Well, I'd say that flags this as another political piece irrelevant to EVs.


----------



## tomofreno (Mar 3, 2009)

> Well, I'd say that flags this as another political piece irrelevant to EVs.


Fisker makes evs. If you don't like it don't read it. Don't tell the rest of us what we can read.


----------



## PhantomPholly (Aug 20, 2008)

tomofreno said:


> Fisker makes evs. If you don't like it don't read it. Don't tell the rest of us what we can read.


You're the only one telling others what to do. I'm simply disappointed in the news bot. 

You might want to consider your own advice....


----------



## drivin98 (May 9, 2008)

PhantomPholly said:


> Yeah - it couldn't possibly be simply that 75% of Americans feel their tax dollars should either be spent at home or not spent at all, could it?
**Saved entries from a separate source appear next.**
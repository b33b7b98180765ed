-- ===== src/Pairing/Client/Durable.antt =====
-- A paired client is paired in its preferences as well, whatever is called of it.
pub mod Restart
use Prim.Native.String.{String}
use ungula_lib_net.Base.{
  ℕ, zero, Bool-cases, ◌||◌, ltb, ◌==◌, ◌≡◌, ◌≢◌, ◌⊎◌, ◌∙◌, refl, true, false, List, [], ◌∷◌,
  Option, none, some, arith, ap, sym, subst, length, inl, inr,
}
use ungula_lib_net.Comm.Types.{
  MacAddress, addr, is_zero, addr_len, cleared, write_bytes, write_bytes-addr,
}
use ungula_lib_net.Comm.Transport.{Transport}
use ungula_lib_net.Preferences.{Preferences}
use ungula_lib_net.Preferences.Rewriting.{store_laws, read_byte, read_blob, read_no_blob}
use ungula_lib_net.Preferences.Laws.{IsPreferences, Value, byte, blob, u8_or}
use ungula_lib_net.Pairing.Types.{
  PairingState, paired, max_scan_channels, pref_key_paired_mac, pref_key_paired_flag,
}
use ungula_lib_net.Pairing.Client.{
  PairingClient, init, set_scan_channels, stop_scanning, on_paired, is_scanning_state,
}
use ungula_lib_net.Pairing.Client.Events.{
  Event, looped, received, scan_started, scan_stopped, pairing_loaded, pairing_cleared,
  channels_set, channel_set, callback_set, step, run, IsAllowed, IsAllowedAll,
}
use ungula_lib_net.Pairing.Messages.Beacon.{PairingBeacon}
use ungula_lib_net.Pairing.Messages.Beacon
use ungula_lib_net.Pairing.Messages.Confirm
use ungula_lib_net.Pairing.Messages.Confirm.{PairingConfirm}
use ungula_lib_net.Pairing.Client.Scan.{start_scanning, loop}
use ungula_lib_net.Pairing.Client.Store.{
  load_stored_pairing, store_pairing, set_paired_channel, clear_pairing,
}
use ungula_lib_net.Pairing.Client.Receive.{handle_received, handle_confirm, handle_beacon}

-- The entry of the address is absent or an address.
abbrev pub IsEntry : {P : Type 0} → {pf : Preferences P} → IsPreferences pf → String → P → Type 0
IsEntry l ns p =
    (l.value ns pref_key_paired_mac p ≡ none)
    ⊎ ((m : MacAddress) × (l.value ns pref_key_paired_mac p ≡ some (blob (addr m))))

-- A byte that is read as 1 is stored.
read_one : (o : Option Value) → u8_or 0 o ≡ 1 → o ≡ some (byte 1)
read_one none h = absurd (omega arith)
read_one (some (byte n)) h = ap (λ i. some (byte i)) h
read_one (some (blob b)) h = absurd (omega arith)

module _ {P : Type 0} ⦃pf : Preferences P⦄ (l : IsPreferences pf) where
  -- A session that only reads leaves the entries alone.
  read_only : (ns k : String) (p : P) → l.value ns k (pf.close (pf.begin ns p).0) ≡ l.value ns k p
  read_only ns k p = simp store_laws

  flag_read :
      (ns : String) (p : P)
      → pf.get_u8 pref_key_paired_flag 0 (pf.begin ns p).0 ≡ 1
      → l.value ns pref_key_paired_flag p ≡ some (byte 1)
  flag_read ns p h = read_one _ (sym (simp (l.get_u8_lem, l.opened-begin, l.value-begin)) ∙ h)

  -- A stored address that is read in full is the entry's.
  mac_read :
      (ns : String) (p : P)
      → IsEntry l ns p
      → let bytes = pf.get_bytes pref_key_paired_mac addr_len (pf.begin ns p).0 in
        length bytes ≡ addr_len
        → l.value ns pref_key_paired_mac p ≡ some (blob (addr (write_bytes bytes cleared)))
  mac_read ns p (inl absent) six =
      absurd
        (omega (arith, six, ap length (read_no_blob l ns pref_key_paired_mac addr_len p absent)))
  mac_read ns p (inr (m, e)) six =
      let read = read_blob l ns pref_key_paired_mac addr_len (addr m) p e (omega arith) in
      rw read (e ∙ ap (λ a. some (blob (addr a))) (sym (write_bytes-addr m cleared)))

module _ {T P : Type 0} ⦃pf : Preferences P⦄ (l : IsPreferences pf) where
  pub record IsDurable (c : PairingClient T P) : Type 0 where
    pub entry : IsEntry l c.prefs_ns c.prefs
    pub mac_stored :
        c.state ≡ paired
        → l.value c.prefs_ns pref_key_paired_mac c.prefs ≡ some (blob (addr c.coordinator_mac))
    pub flag_stored :
        c.state ≡ paired → l.value c.prefs_ns pref_key_paired_flag c.prefs ≡ some (byte 1)
    pub known : c.state ≡ paired → is_zero c.coordinator_mac ≡ false

  -- A change that leaves the two entries alone, and a paired client its coordinator.
  pub keep-IsDurable :
      (c c' : PairingClient T P)
      → IsDurable c
      → c'.prefs_ns ≡ c.prefs_ns
      → l.value c.prefs_ns pref_key_paired_mac c'.prefs
        ≡ l.value c.prefs_ns pref_key_paired_mac c.prefs
      → l.value c.prefs_ns pref_key_paired_flag c'.prefs
        ≡ l.value c.prefs_ns pref_key_paired_flag c.prefs
      → (c'.state ≡ paired → (c.state ≡ paired) × (c'.coordinator_mac ≡ c.coordinator_mac))
      → IsDurable c'
  keep-IsDurable c c' v ns mac flag same = record {
    entry = rw (ns, mac) v.entry;
    mac_stored = λ h. let (h', m) = same h in rw (ns, mac, m) (v.mac_stored h');
    flag_stored = λ h. rw (ns, flag) (v.flag_stored ((same h).0));
    known = λ h. let (h', m) = same h in rw m (v.known h');
  }

  pub store-IsDurable :
      (c : PairingClient T P) → is_zero c.coordinator_mac ≡ false → IsDurable (store_pairing c)
  unfolding store_pairing
  store-IsDurable c nz = record {
    entry = inr (c.coordinator_mac, simp store_laws);
    mac_stored = λ h. simp store_laws;
    flag_stored = λ h. simp store_laws;
    known = λ h. nz;
  }

  pub set_paired_channel-IsDurable :
      (channel : ℕ) (c : PairingClient T P) → IsDurable c → IsDurable (set_paired_channel channel c)
  unfolding set_paired_channel
  set_paired_channel-IsDurable channel c v =
      elim (Bool-cases (channel == 0 || ltb max_scan_channels channel)) [
        | inl unusable ↦ rw unusable v
        | inr usable ↦
            rw usable
              (keep-IsDurable c _ v refl (simp store_laws) (simp store_laws) (λ h. (h, refl)))
      ]

  pub clear-IsDurable : (c : PairingClient T P) → IsDurable (clear_pairing c)
  unfolding clear_pairing
  clear-IsDurable c = record {
    entry = inl (simp store_laws);
    mac_stored = λ h. absurd cc;
    flag_stored = λ h. absurd cc;
    known = λ h. absurd cc;
  }

  module _ ⦃tr : Transport T⦄ where
    -- Loading leaves the pairing as it was, or takes up the one that is stored.
    pub load_cases :
        (c : PairingClient T P)
        → let opened = (pf.begin c.prefs_ns c.prefs).0 in
          let bytes = pf.get_bytes pref_key_paired_mac addr_len opened in
          let c' = (load_stored_pairing c).0 in
          (c'.prefs_ns ≡ c.prefs_ns)
          × (c'.prefs ≡ pf.close opened)
          × (((c'.state ≡ c.state) × (c'.coordinator_mac ≡ c.coordinator_mac))
              ⊎ ((pf.get_u8 pref_key_paired_flag 0 opened ≡ 1)
                  × (length bytes ≡ addr_len)
                  × (is_zero (write_bytes bytes cleared) ≡ false)
                  × (c'.coordinator_mac ≡ write_bytes bytes cleared)))
    unfolding load_stored_pairing
    load_cases c = ground arith

    pub load-IsDurable : (c : PairingClient T P) → IsDurable c → IsDurable (load_stored_pairing c).0
    load-IsDurable c v =
        let (ns, p, how) = load_cases c in
        let mac_kept = read_only l c.prefs_ns pref_key_paired_mac c.prefs in
        let flag_kept = read_only l c.prefs_ns pref_key_paired_flag c.prefs in
        elim how [
          | inl (state, mac) ↦
              keep-IsDurable c _ v ns (rw p mac_kept) (rw p flag_kept) (λ h. (sym state ∙ h, mac))
          | inr (one, six, nz, mac) ↦ record {
            entry = rw (ns, p, mac_kept) v.entry;
            mac_stored = λ h. rw (ns, p, mac_kept, mac) (mac_read l c.prefs_ns c.prefs v.entry six);
            flag_stored = λ h. rw (ns, p, flag_kept) (flag_read l c.prefs_ns c.prefs one);
            known = λ h. rw mac nz;
          }
        ]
Or, that 60% of Americans don't think the government has any business at all financing individual companies?
> 
> Well, I'd say that flags this as another political piece irrelevant to EVs.


I think the point is that the money was for American jobs. The money was spent in Michigan at their headquarters on Karma (and Nina) development and in Delaware retro-fitting a factory and not in Finland as was reported.

Also, not sure where you pulled those numbers from but they smell funny. 

The fact is that all governments spend money in the private sector and while I might not have loaned Fisker this much (had I a say), it has produced jobs and there's no doubt America can use all the jobs it can get at this point.


----------



## PhantomPholly (Aug 20, 2008)

drivin98 said:


> I think the point is that the money was for American jobs.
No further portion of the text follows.